=== What this task involves ===
Report each line of the entries that contains the word "besides", copied in full.

=== Data shown ===
----------------

-- ===== src/Webhook/Workspace/Laws.antt =====
-- Which workspaces the webhook admits, and what its defaults guarantee.
use forkspacer.Base.{
  String, ◌≡◌, ◌≢◌, ◌⊎◌, inl, inr, ◌↔◌, refl, sym, ◌∙◌, true, false, Option, none, some, List, [],
  ◌∷◌, Assoc, lookup, equal_iff, if◌then◌else◌, eq_iff, arith, Bool-cases, false≢true,
}
use forkspacer.Go.{Result, ok, err}
use forkspacer.Api.Workspace.{
  Workspace, WorkspaceSpec, WorkspaceConnectionSecretReference, WorkspaceFromReference,
  WorkspaceAutoHibernation,
}
use forkspacer.Webhook.Field.{ErrorList, none_found, none_found-append}
use forkspacer.Webhook.Workspace.{
  Reader, is_managed, is_kubeconfig, auto_hibernation_errors, kubeconfig_errors,
  secret_reference_errors, spec_errors, from_errors, immutable_errors, validate_create,
  validate_update, from_key, secret_key, WorkspaceType-discrete, WorkspaceConnection-discrete,
  FromReference-discrete, wake_errors, schedule_format, if_none, read_errors, reference_errors,
  lookup_errors,
}

module _ (r : Reader) where
  abbrev WakeSpec : String → Option String → Type 0
  WakeSpec schedule none = Unit
  WakeSpec schedule (some wake) = (r.parse_cron wake ≡ none) × (schedule ≢ wake)

  -- Both schedules parse, and they differ as texts.
  abbrev pub ScheduleSpec : Option WorkspaceAutoHibernation → Type 0
  ScheduleSpec none = Unit
  ScheduleSpec (some a) = (r.parse_cron a.schedule ≡ none) × WakeSpec a.schedule a.wake_schedule

  -- The reference names a secret whose key holds a text, not empty, that loads as a kubeconfig.
  abbrev pub LoadSpec : Option String → Type 0
  LoadSpec none = ⊥
  LoadSpec (some config) = (config ≢ "") × (r.load_kubeconfig config ≡ none)

  abbrev pub ReadSpec : String → Result (Assoc String) → Type 0
  ReadSpec key (ok content) = LoadSpec (lookup key content)
  ReadSpec key (err e) = ⊥

  abbrev pub SecretSpec : Option WorkspaceConnectionSecretReference → Type 0
  SecretSpec none = ⊥
  SecretSpec (some s) = ReadSpec s.key (r.get_secret (secret_key s))

  abbrev pub ConnectionSpec : WorkspaceSpec → Type 0
  ConnectionSpec spec =
      (is_managed spec.type ≡ true)
      ⊎ ((is_kubeconfig spec.connection.type ≡ false) ⊎ SecretSpec spec.connection.secret_reference)

  abbrev pub FromSpec : Option WorkspaceFromReference → Type 0
  FromSpec none = Unit
  FromSpec (some from) = (w : Workspace) × (r.get_workspace (from_key from) ≡ ok w)

  schedule_iff :
      (s : String) (path : List String)
      → (none_found (schedule_format r s path) ≡ true) ↔ (r.parse_cron s ≡ none)
  schedule_iff s path = ((λ h. ground arith), (λ h. ground arith))

  wake_iff :
      (s : String) (o : Option String) → (none_found (wake_errors r s o) ≡ true) ↔ WakeSpec s o
  wake_iff s none = ((λ _. tt), (λ _. refl))
  wake_iff s (some wake) = (
    (λ h. (ground arith, λ e. ground (arith, eq_iff s wake))),
    (λ h. ground (arith, eq_iff s wake)),
  )

  auto_iff :
      (a : Option WorkspaceAutoHibernation)
      → (none_found (auto_hibernation_errors r a) ≡ true) ↔ ScheduleSpec a
  unfolding auto_hibernation_errors
  auto_iff none = ((λ _. tt), (λ _. refl))
  auto_iff (some a) =
      let both =
        none_found-append (schedule_format r a.schedule ("spec" ∷ "schedule" ∷ []))
          (wake_errors r a.schedule a.wake_schedule) in
      let first = schedule_iff a.schedule ("spec" ∷ "schedule" ∷ []) in
      let second = wake_iff a.schedule a.wake_schedule in
      (
        (λ h. (first.0 (both.0 h).0, second.0 (both.0 h).1)),
        (λ h. both.1 (first.1 h.0, second.1 h.1)),
      )

  lookup_iff :
      (f : WorkspaceFromReference) (found : Result Workspace)
      → (none_found (lookup_errors f found) ≡ true) ↔ ((w : Workspace) × (found ≡ ok w))
  lookup_iff f (ok w) = ((λ _. (w, refl)), (λ _. refl))
  lookup_iff f (err e) = ((λ h. ground arith), (λ h. cc (h.1)))

  from_iff :
      (f : Option WorkspaceFromReference) → (none_found (from_errors r f) ≡ true) ↔ FromSpec f
  unfolding from_errors
  from_iff none = ((λ _. tt), (λ _. refl))
  from_iff (some f) = lookup_iff f (r.get_workspace (from_key f))

  load_iff :
      (s : WorkspaceConnectionSecretReference) (value : Option String)
      → (none_found (kubeconfig_errors r s value) ≡ true) ↔ LoadSpec value
  unfolding kubeconfig_errors
  load_iff s none = ((λ h. cc), (λ h. absurd h))
  load_iff s (some config) = (
    (λ h. ((λ e. ground (arith, eq_iff config "")), ground arith)),
    (λ h. ground (arith, eq_iff config "", h.0)),
  )

  read_iff :
      (s : WorkspaceConnectionSecretReference) (found : Result (Assoc String))
      → (none_found (read_errors r s found) ≡ true) ↔ ReadSpec s.key found
  unfolding kubeconfig_errors
  read_iff s (ok content) = load_iff s (lookup s.key content)
  read_iff s (err e) = ((λ h. ground arith), (λ h. absurd h))

  reference_iff :
      (o : Option WorkspaceConnectionSecretReference)
      → (none_found (reference_errors r o) ≡ true) ↔ SecretSpec o
  reference_iff none = ((λ h. cc), (λ h. absurd h))
  reference_iff (some s) = read_iff s (r.get_secret (secret_key s))

  only_secret :
      (spec : WorkspaceSpec)
      → is_managed spec.type ≡ false
      → is_kubeconfig spec.connection.type ≡ true
      → ConnectionSpec spec
      → SecretSpec spec.connection.secret_reference
  only_secret spec n k (inl m) = absurd (false≢true (sym n ∙ m))
  only_secret spec n k (inr (inl o)) = absurd (false≢true (sym o ∙ k))
  only_secret spec n k (inr (inr s)) = s

  connection_iff :
      (spec : WorkspaceSpec)
      → (none_found (if is_managed spec.type then [] else secret_reference_errors r spec.connection)
          ≡ true)
        ↔ ConnectionSpec spec
  unfolding secret_reference_errors
  connection_iff spec = elim (Bool-cases (is_managed spec.type)) [
    | inl m ↦ ((λ h. inl m), (λ h. rw m))
    | inr n ↦ elim (Bool-cases (is_kubeconfig spec.connection.type)) [
      | inr o ↦ ((λ h. inr (inl o)), (λ h. rw n (rw o)))
      | inl k ↦
          let reference = reference_iff spec.connection.secret_reference in
          (
            (λ h. inr (inr (reference.0 (rw k at (rw n at h))))),
            (λ h. rw n (rw k (reference.1 (only_secret spec n k h)))),
          )
    ]
  ]

  -- A workspace may be created exactly when its two schedules parse and differ, its connection can
  -- be used (it is managed, or connects without a kubeconfig, or its reference names a secret that
  -- holds one that loads), and the workspace that it is forked from can be read.
  pub workspace_create_iff :
      (w : Workspace)
      → (none_found (validate_create r w) ≡ true)
        ↔ (ScheduleSpec w.spec.auto_hibernation × ConnectionSpec w.spec × FromSpec w.spec.from)
  unfolding validate_create
  workspace_create_iff w =
      let all = none_found-append (spec_errors r w.spec) (from_errors r w.spec.from) in
      let spec =
        none_found-append (auto_hibernation_errors r w.spec.auto_hibernation)
          (if is_managed w.spec.type then [] else secret_reference_errors r w.spec.connection) in
      let s = auto_iff w.spec.auto_hibernation in
      let c = connection_iff w.spec in
      let f = from_iff w.spec.from in
      (
        (λ h. let parts = spec.0 (all.0 h).0 in (s.0 parts.0, c.0 parts.1, f.0 (all.0 h).1)),
        (λ h. all.1 (spec.1 (s.1 h.0, c.1 h.1), f.1 h.2)),
      )

  immutable_iff :
      (old new : WorkspaceSpec)
      → (none_found (immutable_errors old new) ≡ true)
        ↔ ((old.type ≡ new.type) × (old.from ≡ new.from) × (old.connection ≡ new.connection))
  unfolding immutable_errors
  immutable_iff old new =
      let t = equal_iff WorkspaceType-discrete old.type new.type in
      let f = equal_iff FromReference-discrete old.from new.from in
      let c = equal_iff WorkspaceConnection-discrete old.connection new.connection in
      (
        (λ h. (t.0 (ground arith), f.0 (ground arith), c.0 (ground arith))),
        (λ h. rw (t.1 h.0) (rw (f.1 h.1) (rw (c.1 h.2)))),
      )

  if_none_iff :
      (xs ys : ErrorList)
      → (none_found (if_none xs ys) ≡ true) ↔ ((none_found xs ≡ true) × (none_found ys ≡ true))
  if_none_iff [] ys = ((λ h. (refl, h)), (λ h. h.1))
  if_none_iff (x ∷ xs) ys = ((λ h. cc), (λ h. cc))

  -- An update is admitted exactly when it keeps the type, the source and the connection of the
  -- workspace, its schedules parse and differ, and its connection can be used.
  pub workspace_update_iff :
      (old new : Workspace)
      → (none_found (validate_update r old new) ≡ true) ↔ (
          ((old.spec.type ≡ new.spec.type)
            × (old.spec.from ≡ new.spec.from)
            × (old.spec.connection ≡ new.spec.connection))
          × ScheduleSpec new.spec.auto_hibernation
          × ConnectionSpec new.spec)
  unfolding validate_update
  workspace_update_iff old new =
      let all = if_none_iff (immutable_errors old.spec new.spec) (spec_errors r new.spec) in
      let spec =
        none_found-append (auto_hibernation_errors r new.spec.auto_hibernation) (
          if is_managed new.spec.type then [] else secret_reference_errors r new.spec.connection) in
      let i = immutable_iff old.spec new.spec in
      let s = auto_iff new.spec.auto_hibernation in
      let c = connection_iff new.spec in
      (
        (λ h. let parts = spec.0 (all.0 h).1 in (i.0 (all.0 h).0, s.0 parts.0, c.0 parts.1)),
        (λ h. all.1 (i.1 h.0, spec.1 (s.1 h.1, c.1 h.2))),
      )
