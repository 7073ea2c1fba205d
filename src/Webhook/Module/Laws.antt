-- ===== src/Webhook/Module/Laws.antt =====
-- Which modules the webhook admits.
use forkspacer.Base.{
  String, ◌≡◌, ◌↔◌, refl, true, Option, none, some, [], ◌∷◌, ◌++◌, String-discrete, arith,
}
use forkspacer.Go.{Result, ok, err}
use forkspacer.Api.Meta.{ObjectKey}
use forkspacer.Api.Workspace.{Workspace}
use forkspacer.Api.Module.{
  Module, ModuleSpecHelm, ModuleSpecCustom, ModuleSpecHelmChartRepo, ModuleSpecHelmChartConfigMap,
  ModuleSpecHelmChartGit, ModuleSpecHelmExistingRelease, ModuleWorkspaceReference,
}
use forkspacer.Api.Config.{Codec, get_validated_config}
use forkspacer.Webhook.Field.{
  ErrorList, none_found, none_found-append, none_found-append_four, kept_iff,
}
use forkspacer.Webhook.Module.{
  workspace_errors, workspace_key, chart_errors, config_errors, validate_create,
  WorkspaceReference-discrete, RawConfig-discrete, ReleaseName-discrete, ExistingRelease-discrete,
  Outputs-discrete, namespace_errors, helm_errors, custom_errors, validate_update, immutable,
  immutable_errors,
}

abbrev pub OneOf : {A B C : Type 0} → Option A → Option B → Option C → Type 0
OneOf (some _) none none = Unit
OneOf none (some _) none = Unit
OneOf none none (some _) = Unit
OneOf _ _ _ = ⊥

-- Of the three sources of a chart one is set and no other.
abbrev pub OneSource : Option ModuleSpecHelm → Type 0
OneSource none = Unit
OneSource (some helm) = OneOf helm.chart.repo helm.chart.config_map helm.chart.git

abbrev pub Succeeds : {A : Type 0} → Result A → Type 0
Succeeds (ok _) = Unit
Succeeds (err _) = ⊥

count_iff :
    (repo : Option ModuleSpecHelmChartRepo) (config_map : Option ModuleSpecHelmChartConfigMap)
    (git : Option ModuleSpecHelmChartGit) (helm : ModuleSpecHelm)
    → (none_found (
          chart_errors (
            some
              (record helm { chart = record { repo = repo; config_map = config_map; git = git } })))
        ≡ true)
      ↔ OneOf repo config_map git
unfolding chart_errors
count_iff none none none helm = ((λ h. cc), (λ h. absurd h))
count_iff (some _) none none helm = ((λ _. tt), (λ _. refl))
count_iff none (some _) none helm = ((λ _. tt), (λ _. refl))
count_iff none none (some _) helm = ((λ _. tt), (λ _. refl))
count_iff (some _) (some _) none helm = ((λ h. cc), (λ h. absurd h))
count_iff (some _) none (some _) helm = ((λ h. cc), (λ h. absurd h))
count_iff none (some _) (some _) helm = ((λ h. cc), (λ h. absurd h))
count_iff (some _) (some _) (some _) helm = ((λ h. cc), (λ h. absurd h))

chart_iff : (o : Option ModuleSpecHelm) → (none_found (chart_errors o) ≡ true) ↔ OneSource o
unfolding chart_errors
chart_iff none = ((λ _. tt), (λ _. refl))
chart_iff (some helm) = count_iff helm.chart.repo helm.chart.config_map helm.chart.git helm

found_iff :
    (ref : ModuleWorkspaceReference) (found : Result Workspace)
    → (none_found (workspace_errors ref found) ≡ true) ↔ Succeeds found
unfolding workspace_errors
found_iff ref (ok w) = ((λ _. tt), (λ _. refl))
found_iff ref (err e) = ((λ h. ground arith), (λ h. absurd h))

config_iff : {A : Type 0} (r : Result A) → (none_found (config_errors r) ≡ true) ↔ Succeeds r
unfolding config_errors
config_iff (ok a) = ((λ _. tt), (λ _. refl))
config_iff (err e) = ((λ h. cc), (λ h. absurd h))

module _ {F : Type 0} (c : Codec F) (get_workspace : ObjectKey → Result Workspace) where
  -- A module may be created exactly when its workspace can be read, its Helm spec (if it has one)
  -- names one chart source and no other, and its config is valid.
  pub module_create_iff :
      (m : Module)
      → (none_found (validate_create c get_workspace m) ≡ true) ↔ (
          Succeeds (get_workspace (workspace_key m.spec.workspace))
          × OneSource m.spec.helm
          × Succeeds (get_validated_config c m))
  unfolding validate_create
  module_create_iff m =
      let found = get_workspace (workspace_key m.spec.workspace) in
      let config = get_validated_config c m in
      let outer =
        none_found-append (workspace_errors m.spec.workspace found ++ chart_errors m.spec.helm)
          (config_errors config) in
      let inner =
        none_found-append (workspace_errors m.spec.workspace found) (chart_errors m.spec.helm) in
      let f = found_iff m.spec.workspace found in
      let h = chart_iff m.spec.helm in
      let g = config_iff config in
      (
        (λ e. let both = inner.0 (outer.0 e).0 in (f.0 both.0, h.0 both.1, g.0 (outer.0 e).1)),
        (λ e. outer.1 (inner.1 (f.1 e.0, h.1 e.1), g.1 e.2)),
      )

abbrev pub SameNamespace :
    Option ModuleSpecHelmExistingRelease
    → Option ModuleSpecHelmExistingRelease
    → String
    → String
    → Type 0
SameNamespace none none old new = old ≡ new
SameNamespace _ _ old new = Unit

-- What an update must keep of the Helm spec; the namespace only if no release is adopted.
abbrev pub KeepsHelm : Option ModuleSpecHelm → Option ModuleSpecHelm → Type 0
KeepsHelm none none = Unit
KeepsHelm (some old) (some new) =
    (old.release_name ≡ new.release_name)
    × (old.existing_release ≡ new.existing_release)
    × SameNamespace old.existing_release new.existing_release old.namespace new.namespace
    × (old.outputs ≡ new.outputs)
KeepsHelm _ _ = ⊥

abbrev pub KeepsCustom : Option ModuleSpecCustom → Option ModuleSpecCustom → Type 0
KeepsCustom none none = Unit
KeepsCustom (some old) (some new) = old.image ≡ new.image
KeepsCustom _ _ = ⊥

namespace_iff :
    (e e' : Option ModuleSpecHelmExistingRelease) (old new : String)
    → (none_found (namespace_errors e e' old new) ≡ true) ↔ SameNamespace e e' old new
namespace_iff none none old new =
    kept_iff String-discrete old new (immutable ("helm" ∷ "namespace" ∷ []))
namespace_iff (some _) none old new = ((λ _. tt), (λ _. refl))
namespace_iff none (some _) old new = ((λ _. tt), (λ _. refl))
namespace_iff (some _) (some _) old new = ((λ _. tt), (λ _. refl))

four_iff :
    {A B C D : Type 0} (a b c d : ErrorList)
    → (none_found a ≡ true) ↔ A
    → (none_found b ≡ true) ↔ B
    → (none_found c ≡ true) ↔ C
    → (none_found d ≡ true) ↔ D
    → (none_found (a ++ b ++ c ++ d) ≡ true) ↔ (A × B × C × D)
four_iff a b c d p q r s =
    let all = none_found-append_four a b c d in
    (
      (λ h. let t = all.0 h in (p.0 t.0, q.0 t.1, r.0 t.2, s.0 t.3)),
      (λ h. all.1 (p.1 h.0, q.1 h.1, r.1 h.2, s.1 h.3)),
    )

helm_iff :
    (old new : Option ModuleSpecHelm)
    → (none_found (helm_errors old new) ≡ true) ↔ KeepsHelm old new
unfolding helm_errors
helm_iff none none = ((λ _. tt), (λ _. refl))
helm_iff none (some _) = ((λ h. cc), (λ h. absurd h))
helm_iff (some _) none = ((λ h. cc), (λ h. absurd h))
helm_iff (some old) (some new) =
    four_iff _ _ _ _ (kept_iff ReleaseName-discrete old.release_name new.release_name _)
      (kept_iff ExistingRelease-discrete old.existing_release new.existing_release _)
      (namespace_iff old.existing_release new.existing_release old.namespace new.namespace)
      (kept_iff Outputs-discrete old.outputs new.outputs _)

custom_iff :
    (old new : Option ModuleSpecCustom)
    → (none_found (custom_errors old new) ≡ true) ↔ KeepsCustom old new
unfolding custom_errors
custom_iff none none = ((λ _. tt), (λ _. refl))
custom_iff none (some _) = ((λ h. cc), (λ h. absurd h))
custom_iff (some _) none = ((λ h. cc), (λ h. absurd h))
custom_iff (some old) (some new) = kept_iff String-discrete old.image new.image _

-- An update is admitted exactly when it keeps the workspace reference and the config, neither adds
-- nor removes a Helm or a custom spec, keeps the release name, the adopted release and the outputs
-- of a Helm spec, and its namespace too unless a release is adopted, and keeps the image of a
-- custom spec.
pub module_update_iff :
    (old new : Module)
    → (none_found (validate_update old new) ≡ true) ↔ (
        (old.spec.workspace ≡ new.spec.workspace)
        × (old.spec.config ≡ new.spec.config)
        × KeepsHelm old.spec.helm new.spec.helm
        × KeepsCustom old.spec.custom new.spec.custom)
unfolding validate_update immutable_errors
module_update_iff old new =
    four_iff _ _ _ _ (kept_iff WorkspaceReference-discrete old.spec.workspace new.spec.workspace _)
      (kept_iff RawConfig-discrete old.spec.config new.spec.config _)
      (helm_iff old.spec.helm new.spec.helm) (custom_iff old.spec.custom new.spec.custom)
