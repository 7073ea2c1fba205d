-- ===== src/Webhook/Module/Names.antt =====
-- The release names that the webhook generates.
use Prim.Native.Char.{code}
use Prim.Native.String.{count, [] as end_of_text, ◌∷◌ as ◌◂◌}
use forkspacer.Base.{
  [], ◌∷◌, ℕ, zero, suc, ◌+◌, ◌≤◌, String, ◌≡◌, ◌≢◌, refl, ap, ◌∙◌, Option, none, some, nat_eq,
  arith, if◌then◌else◌, Bool-cases, inl, inr,
}
use text.Mathlib.TextLemmas.{length-cons, length-append, length-nil}
use forkspacer.Go.{concat}
use forkspacer.Api.Module.{Module, ModuleSpecHelm, ModuleSpecHelmExistingRelease, get_release_name}
use forkspacer.Webhook.Module.{
  clean_uuid, generated_name, default_module, or_generated, default_helm,
}

-- how many characters of a text are no hyphen
unfoldable pub plain_count : String → ℕ
plain_count end_of_text = 0
plain_count (ch ◂ s) = let rest = plain_count s in if nat_eq (code ch) b'-' then rest else suc rest

-- The loop gives `n` characters if the text has as many besides its hyphens.
count-clean_uuid : (n : ℕ) (s : String) → n ≤ plain_count s → count (clean_uuid n s) ≡ n
unfolding clean_uuid plain_count
count-clean_uuid zero s h = length-nil
count-clean_uuid (suc n) end_of_text h = absurd (omega arith)
count-clean_uuid (suc n) (ch ◂ s) h = elim (Bool-cases (nat_eq (code ch) b'-')) [
  | inl e ↦ rw (e, clean_uuid) (count-clean_uuid (suc n) s (ground arith))
  | inr e ↦
      rw (e, clean_uuid)
        (length-cons ch (clean_uuid n s) ∙ ap suc (count-clean_uuid n s (ground arith)))
]

-- The release name that is generated for a namespace is 12 characters longer than the namespace,
-- when the UUID has eleven characters besides its hyphens.
pub count-generated_name :
    (namespace uuid : String)
    → 11 ≤ plain_count uuid
    → count (generated_name namespace uuid) ≡ count namespace + 12
unfolding generated_name
count-generated_name namespace uuid h = omega (
  arith,
  length-append namespace (concat ("-" ∷ clean_uuid 11 uuid ∷ [])),
  length-append "-" (concat (clean_uuid 11 uuid ∷ [])),
  length-append (clean_uuid 11 uuid) "",
  count-clean_uuid 11 uuid h,
)

or_generated_twice :
    (namespace uuid uuid' : String) (o : Option String)
    → or_generated namespace uuid' (or_generated namespace uuid o) ≡ or_generated namespace uuid o
or_generated_twice namespace uuid uuid' none = refl
or_generated_twice namespace uuid uuid' (some name) = refl

or_generated_some :
    (namespace uuid : String) (o : Option String) → or_generated namespace uuid o ≢ none
or_generated_some namespace uuid none e = cc
or_generated_some namespace uuid (some name) e = cc

default_helm_twice :
    (namespace uuid uuid' : String) (o : Option ModuleSpecHelm)
    → default_helm namespace uuid' (default_helm namespace uuid o) ≡ default_helm namespace uuid o
default_helm_twice namespace uuid uuid' none = refl
default_helm_twice namespace uuid uuid' (some helm) =
    ap (λ (o : Option String). some (record helm { release_name = o }))
      (or_generated_twice namespace uuid uuid' helm.release_name)

has_name :
    (adopted : Option ModuleSpecHelmExistingRelease) (name : Option String) (helm : ModuleSpecHelm)
    → name ≢ none
    → get_release_name (record helm { existing_release = adopted; release_name = name }) ≢ none
unfolding get_release_name
has_name none name helm n e = n e
has_name (some _) name helm n e = cc

-- After defaulting a Helm module has a release name, and defaulting it again, with another UUID,
-- changes nothing: `GetReleaseName` does not panic, and the release keeps its name.
pub default_module-default_module :
    (uuid uuid' : String) (m : Module) (helm : ModuleSpecHelm)
    → m.spec.helm ≡ some helm
    → (default_module uuid' (default_module uuid m) ≡ default_module uuid m)
      × (helm' : ModuleSpecHelm) × ((default_module uuid m).spec.helm ≡ some helm')
      × (get_release_name helm' ≢ none)
unfolding default_module get_release_name
default_module-default_module uuid uuid' m helm h =
    let named = record helm {
      release_name = or_generated m.metadata.namespace uuid helm.release_name;
    } in
    (
      ap (λ (o : Option ModuleSpecHelm). record m { spec = record m.spec { helm = o } })
          (default_helm_twice m.metadata.namespace uuid uuid' m.spec.helm),
      named,
      ap (default_helm m.metadata.namespace uuid) h,
      has_name helm.existing_release (or_generated m.metadata.namespace uuid helm.release_name) helm
          (or_generated_some m.metadata.namespace uuid helm.release_name),
    )
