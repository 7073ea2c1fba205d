-- ===== src/Tests/Webhook.antt =====
-- The webhooks on concrete workspaces and modules.
use Prim.Native.String.{count}
use forkspacer.Base.{◌+◌, ◌≤◌, String, ◌≡◌, ◌↔◌, true, none, [], ◌∷◌, ◌==◌, if◌then◌else◌, arith}
use forkspacer.Go.{Error, ok, err, not_found}
use forkspacer.Api.Workspace.{Workspace}
use forkspacer.Api.Module
use forkspacer.Api.Module.{Module, ModuleSpecHelm, get_release_name}
use forkspacer.Api.Config.{get_validated_config}
use forkspacer.Webhook.Field.{none_found}
use forkspacer.Webhook.Workspace as WorkspaceHook
use forkspacer.Webhook.Module as ModuleHook
use forkspacer.Webhook.Workspace.{Reader, default_workspace}
use forkspacer.Webhook.Workspace.Laws.{
  ScheduleSpec, ConnectionSpec, FromSpec, workspace_create_iff, workspace_update_iff,
}
use forkspacer.Webhook.Module.{default_module, generated_name}
use forkspacer.Webhook.Module.Laws.{
  OneSource, Succeeds, KeepsHelm, KeepsCustom, module_create_iff, module_update_iff,
}
use forkspacer.Webhook.Module.Names.{count-generated_name, plain_count}
use forkspacer.Tests.Data.{codec, replicas, redis_with, dev, dev_kubeconfig}

abbrev gone : Error
gone = record { class = not_found; text = "not found" }

-- no secret is left; every schedule parses
abbrev reader : Reader
reader = record {
  get_workspace = λ key. if key.key_name == "dev" then ok dev else err gone;
  get_secret = λ key. err gone;
  parse_cron = λ s. none;
  load_kubeconfig = λ s. none;
}

abbrev redis : Module
redis = redis_with (replicas ∷ []) "{replicas: 3}" Module.unset none

workspace_create_iff_example : (none_found (WorkspaceHook.validate_create reader dev) ≡ true) ↔ (
    ScheduleSpec reader dev.spec.auto_hibernation
    × ConnectionSpec reader dev.spec
    × FromSpec reader dev.spec.from)
workspace_create_iff_example = workspace_create_iff reader dev

workspace_update_iff_example :
    (none_found (WorkspaceHook.validate_update reader dev dev_kubeconfig) ≡ true) ↔ (
      ((dev.spec.type ≡ dev_kubeconfig.spec.type)
        × (dev.spec.from ≡ dev_kubeconfig.spec.from)
        × (dev.spec.connection ≡ dev_kubeconfig.spec.connection))
      × ScheduleSpec reader dev_kubeconfig.spec.auto_hibernation
      × ConnectionSpec reader dev_kubeconfig.spec)
workspace_update_iff_example = workspace_update_iff reader dev dev_kubeconfig

module_create_iff_example :
    (none_found (ModuleHook.validate_create codec (λ key. ok dev) redis) ≡ true) ↔ (
      Succeeds {A = Workspace} (ok dev)
      × OneSource redis.spec.helm
      × Succeeds (get_validated_config codec redis))
module_create_iff_example = module_create_iff codec (λ key. ok dev) redis

module_update_iff_example :
    (none_found (ModuleHook.validate_update redis (default_module "1-2" redis)) ≡ true) ↔ (
      (redis.spec.workspace ≡ (default_module "1-2" redis).spec.workspace)
      × (redis.spec.config ≡ (default_module "1-2" redis).spec.config)
      × KeepsHelm redis.spec.helm (default_module "1-2" redis).spec.helm
      × KeepsCustom redis.spec.custom (default_module "1-2" redis).spec.custom)
module_update_iff_example = module_update_iff redis (default_module "1-2" redis)

abbrev uuid : String
uuid = "123e4567-e89b-12d3-a456-426614174000"

enough : 11 ≤ plain_count uuid
unfolding plain_count
enough = omega arith

count-generated_name_example : count (generated_name "default" uuid) ≡ count "default" + 12
count-generated_name_example = count-generated_name "default" uuid enough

----------------

=== Solution to this task ===
-- The loop gives `n` characters if the text has as many besides its hyphens.
-- when the UUID has eleven characters besides its hyphens.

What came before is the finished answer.